# Would like to see everyone's palomino (solid & pinto)



## RockinSMiniature (Dec 8, 2008)

Hi All,

I would love to see palomino mini's, pinto and solid..

I am plan to get myself a palomino (probably will be colt or stallion) in next year.

I always dream to have one of my own palomino horse and I think I am ready for next year.






I would love to know palomino miniature breeder out there and see what you all have.

Also who might have a palomino foal in next year or might have stallion able for sale in next year.

I seen some light palomino and dark palomino.

I would love to see it again!..


----------



## Getitia (Dec 8, 2008)

How about a true genetic sooty palomino

(non-silver)

amha/amhr 33 inches











His background is Wardance, Rowdy and King Supreme breeding

His first foals are due in 2009 and we are pretty excited as he was bred to some Wardance bred mares and Nighthawk daughters among others.


----------



## Leeana (Dec 8, 2008)

I have three....

Westwind BTU Crown Prince Narko
















Westwind BTU Crown Prince Stetson -For Sale-






Westwind BTU Crown Prince Flyte..kind of dirty here, this is after a clip and being in the pasture for a few hours following which = rolling.


----------



## markadoodle (Dec 8, 2008)

shes a palomino/buskin/pinto homozygous mare




libby and foal misty




libby


----------



## markadoodle (Dec 8, 2008)

josh


----------



## normajeanbaker (Dec 8, 2008)

Getitia, your sooty palomino is BEAUTIFUL!

We have 1 palomino here. He was born very dark, but then lightened on us. But, we love him anyways





VPS Simply Irresistible("Taz")
















~Jen~


----------



## maplegum (Dec 8, 2008)

Bailey throughout his 2 years of life...


























Just looking at how much he has changed. He has grown up so quickly.


----------



## Reignmaker Miniatures (Dec 8, 2008)

Getitia said:


> How about a true genetic sooty palomino(non-silver)
> 
> amha/amhr 33 inches
> 
> ...


I agree whole heartedly with Normajeanbaker, that guy is sooo handsome. I want to



every time I see him


----------



## eagles ring farm (Dec 8, 2008)

Can I add our only Palomino is a Palomino snowcap appaloosa

RF Bars Warrior Princess


----------



## Maple Hollow Farm (Dec 8, 2008)

Here is my golden palomino mare, she is confirmed in foal for 2009 to my blk/wht 28.5" stallion


----------



## New2Minis (Dec 8, 2008)

Very pretty Palomino's everyone!

I have 2 that I LOVE!!!





My mare who gave me a buckskin filly this year:

La Vistas Trigger Terpsichore AMHA/AMHR






And my coming 2 year old Palomino Pinto Colt:

Strebors Stylish Daring Difference






(Baby Pic)


----------



## targetsmom (Dec 8, 2008)

I agree - I adore Getitia's sooty palomino!! Wow, I am almost embarassed to post after seeing that!
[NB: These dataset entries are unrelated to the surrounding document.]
-- ===== src/Proc/Callback.antt =====
-- src/system/kernel/hal/proc/proc.c: the delivery of an event keeps the table consistent and leaves the
-- schedule alone.
use gunw_os.Prelude.Outcome.{
  ok, ◌>>=◌, Answer, done, fails, Ensures, ensures_ok, ensures_oops, Ensures-if, Ensures-bind,
  Ensures-then, Ensures-both,
}
use gunw_os.Prelude.Int.{ℤ, index}
use gunw_os.Prelude.{ℕ, refl, true, not, Option, Array}
use gunw_os.Runloop.{
  RunLoopDispatchItem, RunLoopError, grle_full, grle_empty, grle_invalid_state,
  grle_invalid_parameter, grle_unknown, RunLoops, k_runloop_reserve, k_runloop_dispatch,
}
use gunw_os.Kernel.{
  Kernel, ProcError, pe_none, pe_limit_reached, pe_operation_failed, plt_event, out_of_range,
}
use gunw_os.Proc.{
  is_finished, is_process_alive, deliver_event, callback_invoke, k_proc_callback_invoke_ptr,
}
use gunw_os.Schedule.{k_proc_schedule_process_state_did_change}
use gunw_os.Proc.{k_proc_unlock}
use gunw_os.Proc.Invariant.{IsValid, k_proc_unlock-IsValid, did_change-IsValid}
use gunw_os.Proc.Scheduled.{SameSchedule, k_proc_unlock-Same, did_change-Same}

abbrev pub Delivered : Kernel → ProcError × Kernel → Type 0
Delivered k (e, k') = IsValid k' × SameSchedule k k'

abbrev Kept : Kernel → Kernel → Type 0
Kept k k' = IsValid k' × SameSchedule k k'

after_dispatch :
    (p : ℤ) (rs : RunLoops) (k : Kernel)
    → IsValid k
    → Ensures (Delivered k) (
        k_proc_unlock p plt_event (record k { run_loops = rs })
        >>= k_proc_schedule_process_state_did_change
        >>= λ k'. ok (pe_none, k'))
after_dispatch p rs k v =
    let k0 = record k { run_loops = rs } in
    Ensures-bind {Q = Kept k}
      (Ensures-bind {Q = Kept k}
        (Ensures-both (k_proc_unlock-IsValid p plt_event k0 v) (k_proc_unlock-Same k0 p plt_event))
        (λ k' (w, s). Ensures-both (did_change-IsValid k' w) (did_change-Same k k' s)))
      (λ k' kept. ensures_ok kept)

module _ {D : Type 0} where
  deliver_event-Delivered :
      (p : ℤ) (item : RunLoopDispatchItem) (data_ptr : Option D)
      (encoder : Option (Option D → Array ℕ → Array ℕ)) (k : Kernel)
      → IsValid k
      → Ensures (Delivered k) (deliver_event p item data_ptr encoder k)
  unfolding deliver_event
  deliver_event-Delivered p item data_ptr encoder k v =
      Ensures-then (k_runloop_reserve p true k.run_loops) λ a. at a
    where
      at :
          (a : Answer RunLoopError (ℕ × RunLoops))
          → Ensures (Delivered k) (elim a [
            | fails grle_full ↦ ok (pe_limit_reached, k)
            | fails _ ↦ ok (pe_operation_failed, k)
            | done (token, rs) ↦ k_runloop_dispatch p token item data_ptr encoder rs >>= λ rs'.
                k_proc_unlock p plt_event (record k { run_loops = rs' })
                >>= k_proc_schedule_process_state_did_change
                >>= λ k'. ok (pe_none, k')
          ])
      at (fails grle_full) = ensures_ok (v, refl)
      at (fails grle_empty) = ensures_ok (v, refl)
      at (fails grle_invalid_state) = ensures_ok (v, refl)
      at (fails grle_invalid_parameter) = ensures_ok (v, refl)
      at (fails grle_unknown) = ensures_ok (v, refl)
      at (done (token, rs)) =
          Ensures-then (k_runloop_dispatch p token item data_ptr encoder rs)
            λ rs'. after_dispatch p rs' k v

  -- Delivering an event keeps the table consistent and the schedule as it is.
  pub callback_invoke_ptr-Delivered :
      (p : ℤ) (routine : ℕ) (data_ptr : Option D) (size_bytes encoded_size_bytes : ℕ)
      (encoder : Option (Option D → Array ℕ → Array ℕ)) (decoder : Option ℕ) (k : Kernel)
      → IsValid k
      → Ensures (Delivered k) (
          k_proc_callback_invoke_ptr p routine data_ptr size_bytes encoded_size_bytes encoder
            decoder k)
  unfolding k_proc_callback_invoke_ptr callback_invoke
  callback_invoke_ptr-Delivered p routine data_ptr size_bytes encoded_size_bytes encoder decoder k
        v =
      let state = (k.p_tab (index p)).state in
      Ensures-if (out_of_range p) (λ _. ensures_oops)
        λ _.
          Ensures-if (is_finished state) (λ _. ensures_ok (v, refl))
            λ _.
              Ensures-if (not (is_process_alive state)) (λ _. ensures_oops)
                λ _. deliver_event-Delivered p _ data_ptr encoder k v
Here is our only palomino - a tobiano pinto. She also carries agouti, but alas we don't have a black based stallion, so forget trying to get a buckskin. We did not buy her for her color anyway. She may look huge but she is 34".

Taken this summer:






In the winter she gets much lighter and looks like this:


----------



## Mona (Dec 8, 2008)

These are my palomino girls....

Last Chance Ima Golden Treasure Too (deep palomino pinto)














Triple Ks Destinys Golden Essence (solid light palomino)


----------



## Doobie (Dec 8, 2008)

My new filly Vanilla Ice






My 2 yr old stud colt Timberyorks Rain Storm


----------



## RockinSMiniature (Dec 8, 2008)

It is very nice to see all the miniatures and all of them are very beautiful!!..

Thank you so much for sharing!..

God Bless!


----------



## Haviris (Dec 9, 2008)

I only have one palomino (paint), but he's not a mini.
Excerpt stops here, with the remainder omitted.